> Work to be completed:
Print the listing below exactly. Leave nothing out.

[[ Given entries open ]]

-- ===== src/Buffer/Write.antt =====
-- Copying and appending (src/buffer.c), and the same operations on strings.
use lighttpd.Base.{
  ℕ, suc, ◌+◌, ◌<◌, ◌≡◌, refl, sym, ap, inl, inr, true, [], ◌∷◌, ◌++◌, append-nil, append_assoc,
  arith, length, length-append, split_at,
}
use lighttpd.Memory.{ok, Bytes, size_mod, Allocator, load, store, memcpy}
use lighttpd.Buffer.{
  Buffer, is_empty, commit, copy_string_len, copy_buffer, append_string_len, append_string_buffer,
}
use lighttpd.Buffer.Holds.{IsSized, Holds, Stores, Holds-unset, string_of-Stores, string_of_lem}
use lighttpd.Buffer.Room.{HasRoom, string_prepare_copy_lem, string_prepare_append_lem}
use lighttpd.Memory.Blocks.{load_at, store_at, memcpy_at}

-- The terminating zero goes behind what was written.
pub commit_lem :
    (b : Buffer) (s t : Bytes) (x : ℕ) (vs : Bytes)
    → b.ptr ≡ s ++ (t ++ (x ∷ vs))
    → b.used ≡ length s + 1
    → b.size ≡ length s + length t + 1 + length vs
    → b.size < size_mod
    → commit b (length t)
      ≡ ok (record b { ptr = (s ++ t) ++ (0 ∷ vs); used = length s + length t + 1 })
unfolding commit
commit_lem b s t x vs layout u z r =
    let at : store b.ptr (length s + length t) 0 ≡ ok ((s ++ t) ++ (0 ∷ vs)) =
      rw (layout, ← append_assoc s t (x ∷ vs), ← length-append s t) (store_at (s ++ t) vs x 0) in
    ground (arith, u, z, at)

-- Writing a string where there is room for it, and committing it.
pub write_lem :
    {b : Buffer} {s : Bytes} (t : Bytes)
    → HasRoom b s (length t)
    → (m : Bytes) × (memcpy b.ptr (length s) t ≡ ok m)
      × (b' : Buffer) × (commit (record b { ptr = m }) (length t) ≡ ok b')
      × Holds b' (s ++ t)
write_lem {b} {s} t k =
    let (us, x, vs, split, l) = split_at (length t) (0 ∷ k.holds.rest) (omega (arith, k.room)) in
    let size : b.size ≡ length s + length t + 1 + length vs =
      omega (arith, k.holds.size_is, ap length split, length-append us (x ∷ vs)) in
    (
      s ++ (t ++ (x ∷ vs)),
      rw (k.holds.layout, split) (memcpy_at s us t (x ∷ vs) l),
      record b { ptr = (s ++ t) ++ (0 ∷ vs); used = length s + length t + 1 },
      commit_lem (record b { ptr = s ++ (t ++ (x ∷ vs)) }) s t x vs refl k.holds.used_is size
          k.holds.in_range,
      record {
        rest = vs;
        layout = refl;
        used_is = omega (arith, length-append s t);
        size_is = omega (arith, size, length-append s t);
        in_range = k.holds.in_range;
      },
    )

-- Committing room first and filling it afterwards: the byte at the old terminating zero is still
-- zero, and the filled buffer holds both strings.
pub reserve_lem :
    {b : Buffer} {s : Bytes} (t : Bytes)
    → HasRoom b s (length t)
    → 0 < length t
    → (b' : Buffer) × (commit b (length t) ≡ ok b')
      × (load b'.ptr (length s) ≡ ok 0)
      × (m : Bytes) × (memcpy b'.ptr (length s) t ≡ ok m)
      × Holds (record b' { ptr = m }) (s ++ t)
reserve_lem {b} {s} [] k pos = absurd (omega arith)
reserve_lem {b} {s} (c ∷ t) k pos =
    let (us, x, vs, split, l) = split_at (length t) k.holds.rest (omega (arith, k.room)) in
    let layout : b.ptr ≡ s ++ ((0 ∷ us) ++ (x ∷ vs)) = rw k.holds.layout (rw split) in
    let size : b.size ≡ length s + length (c ∷ t) + 1 + length vs =
      omega (arith, k.holds.size_is, ap length split, length-append us (x ∷ vs)) in
    let done =
      commit_lem b s (0 ∷ us) x vs layout k.holds.used_is (omega (arith, size)) k.holds.in_range in
    (
      record b { ptr = (s ++ (0 ∷ us)) ++ (0 ∷ vs); used = length s + length (c ∷ t) + 1 },
      rw l at done,
      rw (append_assoc s (0 ∷ us) (0 ∷ vs)) (load_at s (us ++ (0 ∷ vs)) 0),
      s ++ ((c ∷ t) ++ (0 ∷ vs)),
      rw (append_assoc s (0 ∷ us) (0 ∷ vs)) (memcpy_at s (0 ∷ us) (c ∷ t) (0 ∷ vs) (ap suc l)),
      record {
        rest = vs;
        layout = sym (append_assoc s (c ∷ t) (0 ∷ vs));
        used_is = omega (arith, length-append s (c ∷ t));
        size_is = omega (arith, size, length-append s (c ∷ t));
        in_range = k.holds.in_range;
      },
    )

module _ (h : Allocator) (ample : (n : ℕ) → h.grants n ≡ true) where
  -- With memory granted, where a buffer stores a string and the new length fits a `size_t`,
  -- `buffer_append_string_len` returns, and the buffer then holds the old string followed by the
  -- new one and a zero.
  pub append_string_len_lem :
      {b : Buffer} (s t : Bytes)
      → Stores b s
      → length s + 1 + length t < size_mod
      → (b' : Buffer) × (append_string_len h b t ≡ ok b') × Holds b' (s ++ t)
  unfolding append_string_len
  append_string_len_lem {b} s [] k q =
      let (b', e, room) = string_prepare_append_lem h ample s 0 k q in
      (b', rw e refl, rw append-nil room.holds)
  append_string_len_lem {b} s (c ∷ t) k q =
      let (b1, e, room) = string_prepare_append_lem h ample s (length (c ∷ t)) k q in
      let (m, e2, b', e3, done) = write_lem (c ∷ t) room in (b', ground (arith, e, e2, e3), done)

  pub copy_string_len_lem :
      (b : Buffer) (t : Bytes)
      → IsSized b
      → length t + 1 < size_mod
      → (b' : Buffer) × (copy_string_len h b t ≡ ok b') × Holds b' t
  unfolding copy_string_len
  copy_string_len_lem b t z q =
      let (b1, e, room) = string_prepare_copy_lem h ample b (length t) z q in
      let (m, e2, b', e3, done) = write_lem t room in (b', ground (arith, e, e2, e3), done)

  -- With memory granted, and a target whose size field is that of its block, `buffer_copy_buffer`
  -- from another buffer that stores a string returns, and the target then stores the same string;
  -- it is in the special empty state exactly when the source is.
  pub copy_buffer_lem :
      (b : Buffer) {src : Buffer} (t : Bytes)
      → IsSized b
      → Stores src t
      → (b' : Buffer) × (copy_buffer h b src ≡ ok b') × Stores b' t × (is_empty b' ≡ is_empty src)
  unfolding copy_buffer is_empty
  copy_buffer_lem b t z (inl (zs, u, n)) =
      let (b1, e, room) = string_prepare_copy_lem h ample b 0 z (omega arith) in
      (
        record b1 { used = 0 },
        ground (arith, u, e),
        inl (Holds-unset room.holds, refl, n),
        ground (arith, u),
      )
  copy_buffer_lem b {src} t z (inr k) =
      let (b', e, done) = copy_string_len_lem b t z (omega (arith, k.size_is, k.in_range)) in
      (
        b',
        ground (arith, k.used_is, e, string_of_lem src t k),
        inr done,
        ground (arith, k.used_is, done.used_is),
      )

  pub append_string_buffer_lem :
      {b src : Buffer} (s t : Bytes)
      → Stores b s
      → Stores src t
      → length s + 1 + length t < size_mod
      → (b' : Buffer) × (append_string_buffer h b src ≡ ok b') × Holds b' (s ++ t)
  unfolding append_string_buffer
  append_string_buffer_lem s t k ks q =
      let (b', e, done) = append_string_len_lem s t k q in (b', rw (string_of-Stores ks) e, done)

[[ Given entries closed ]]

> Result:
-- ===== src/Buffer/Write.antt =====
-- Copying and appending (src/buffer.c), and the same operations on strings.
use lighttpd.Base.{
  ℕ, suc, ◌+◌, ◌<◌, ◌≡◌, refl, sym, ap, inl, inr, true, [], ◌∷◌, ◌++◌, append-nil, append_assoc,
  arith, length, length-append, split_at,
}
use lighttpd.Memory.{ok, Bytes, size_mod, Allocator, load, store, memcpy}
use lighttpd.Buffer.{
  Buffer, is_empty, commit, copy_string_len, copy_buffer, append_string_len, append_string_buffer,
}
use lighttpd.Buffer.Holds.{IsSized, Holds, Stores, Holds-unset, string_of-Stores, string_of_lem}
use lighttpd.Buffer.Room.{HasRoom, string_prepare_copy_lem, string_prepare_append_lem}
use lighttpd.Memory.Blocks.{load_at, store_at, memcpy_at}

-- The terminating zero goes behind what was written.
pub commit_lem :
    (b : Buffer) (s t : Bytes) (x : ℕ) (vs : Bytes)
    → b.ptr ≡ s ++ (t ++ (x ∷ vs))
    → b.used ≡ length s + 1
    → b.size ≡ length s + length t + 1 + length vs
    → b.size < size_mod
    → commit b (length t)
      ≡ ok (record b { ptr = (s ++ t) ++ (0 ∷ vs); used = length s + length t + 1 })
unfolding commit
commit_lem b s t x vs layout u z r =
    let at : store b.ptr (length s + length t) 0 ≡ ok ((s ++ t) ++ (0 ∷ vs)) =
      rw (layout, ← append_assoc s t (x ∷ vs), ← length-append s t) (store_at (s ++ t) vs x 0) in
    ground (arith, u, z, at)

-- Writing a string where there is room for it, and committing it.
pub write_lem :
    {b : Buffer} {s : Bytes} (t : Bytes)
    → HasRoom b s (length t)
    → (m : Bytes) × (memcpy b.ptr (length s) t ≡ ok m)
      × (b' : Buffer) × (commit (record b { ptr = m }) (length t) ≡ ok b')
      × Holds b' (s ++ t)
write_lem {b} {s} t k =
    let (us, x, vs, split, l) = split_at (length t) (0 ∷ k.holds.rest) (omega (arith, k.room)) in
    let size : b.size ≡ length s + length t + 1 + length vs =
      omega (arith, k.holds.size_is, ap length split, length-append us (x ∷ vs)) in
    (
      s ++ (t ++ (x ∷ vs)),
      rw (k.holds.layout, split) (memcpy_at s us t (x ∷ vs) l),
      record b { ptr = (s ++ t) ++ (0 ∷ vs); used = length s + length t + 1 },
      commit_lem (record b { ptr = s ++ (t ++ (x ∷ vs)) }) s t x vs refl k.holds.used_is size
          k.holds.in_range,
      record {
        rest = vs;
        layout = refl;
        used_is = omega (arith, length-append s t);
        size_is = omega (arith, size, length-append s t);
        in_range = k.holds.in_range;
      },
    )

-- Committing room first and filling it afterwards: the byte at the old terminating zero is still
-- zero, and the filled buffer holds both strings.
pub reserve_lem :
    {b : Buffer} {s : Bytes} (t : Bytes)
    → HasRoom b s (length t)
    → 0 < length t
    → (b' : Buffer) × (commit b (length t) ≡ ok b')
      × (load b'.ptr (length s) ≡ ok 0)
      × (m : Bytes) × (memcpy b'.ptr (length s) t ≡ ok m)
      × Holds (record b' { ptr = m }) (s ++ t)
reserve_lem {b} {s} [] k pos = absurd (omega arith)
reserve_lem {b} {s} (c ∷ t) k pos =
    let (us, x, vs, split, l) = split_at (length t) k.holds.rest (omega (arith, k.room)) in
    let layout : b.ptr ≡ s ++ ((0 ∷ us) ++ (x ∷ vs)) = rw k.holds.layout (rw split) in
    let size : b.size ≡ length s + length (c ∷ t) + 1 + length vs =
      omega (arith, k.holds.size_is, ap length split, length-append us (x ∷ vs)) in
    let done =
      commit_lem b s (0 ∷ us) x vs layout k.holds.used_is (omega (arith, size)) k.holds.in_range in
    (
      record b { ptr = (s ++ (0 ∷ us)) ++ (0 ∷ vs); used = length s + length (c ∷ t) + 1 },
      rw l at done,
      rw (append_assoc s (0 ∷ us) (0 ∷ vs)) (load_at s (us ++ (0 ∷ vs)) 0),
      s ++ ((c ∷ t) ++ (0 ∷ vs)),
      rw (append_assoc s (0 ∷ us) (0 ∷ vs)) (memcpy_at s (0 ∷ us) (c ∷ t) (0 ∷ vs) (ap suc l)),
      record {
        rest = vs;
        layout = sym (append_assoc s (c ∷ t) (0 ∷ vs));
        used_is = omega (arith, length-append s (c ∷ t));
        size_is = omega (arith, size, length-append s (c ∷ t));
        in_range = k.holds.in_range;
      },
    )

module _ (h : Allocator) (ample : (n : ℕ) → h.grants n ≡ true) where
  -- With memory granted, where a buffer stores a string and the new length fits a `size_t`,
  -- `buffer_append_string_len` returns, and the buffer then holds the old string followed by the
  -- new one and a zero.
  pub append_string_len_lem :
      {b : Buffer} (s t : Bytes)
      → Stores b s
      → length s + 1 + length t < size_mod
      → (b' : Buffer) × (append_string_len h b t ≡ ok b') × Holds b' (s ++ t)
  unfolding append_string_len
  append_string_len_lem {b} s [] k q =
      let (b', e, room) = string_prepare_append_lem h ample s 0 k q in
      (b', rw e refl, rw append-nil room.holds)
  append_string_len_lem {b} s (c ∷ t) k q =
      let (b1, e, room) = string_prepare_append_lem h ample s (length (c ∷ t)) k q in
      let (m, e2, b', e3, done) = write_lem (c ∷ t) room in (b', ground (arith, e, e2, e3), done)

  pub copy_string_len_lem :
      (b : Buffer) (t : Bytes)
      → IsSized b
      → length t + 1 < size_mod
      → (b' : Buffer) × (copy_string_len h b t ≡ ok b') × Holds b' t
  unfolding copy_string_len
  copy_string_len_lem b t z q =
      let (b1, e, room) = string_prepare_copy_lem h ample b (length t) z q in
      let (m, e2, b', e3, done) = write_lem t room in (b', ground (arith, e, e2, e3), done)

  -- With memory granted, and a target whose size field is that of its block, `buffer_copy_buffer`
  -- from another buffer that stores a string returns, and the target then stores the same string;
  -- it is in the special empty state exactly when the source is.
  pub copy_buffer_lem :
      (b : Buffer) {src : Buffer} (t : Bytes)
      → IsSized b
      → Stores src t
      → (b' : Buffer) × (copy_buffer h b src ≡ ok b') × Stores b' t × (is_empty b' ≡ is_empty src)
  unfolding copy_buffer is_empty
  copy_buffer_lem b t z (inl (zs, u, n)) =
      let (b1, e, room) = string_prepare_copy_lem h ample b 0 z (omega arith) in
      (
        record b1 { used = 0 },
        ground (arith, u, e),
        inl (Holds-unset room.holds, refl, n),
        ground (arith, u),
      )
  copy_buffer_lem b {src} t z (inr k) =
      let (b', e, done) = copy_string_len_lem b t z (omega (arith, k.size_is, k.in_range)) in
      (
        b',
        ground (arith, k.used_is, e, string_of_lem src t k),
        inr done,
        ground (arith, k.used_is, done.used_is),
      )

  pub append_string_buffer_lem :
      {b src : Buffer} (s t : Bytes)
      → Stores b s
      → Stores src t
      → length s + 1 + length t < size_mod
      → (b' : Buffer) × (append_string_buffer h b src ≡ ok b') × Holds b' (s ++ t)
  unfolding append_string_buffer
  append_string_buffer_lem s t k ks q =
      let (b', e, done) = append_string_len_lem s t k q in (b', rw (string_of-Stores ks) e, done)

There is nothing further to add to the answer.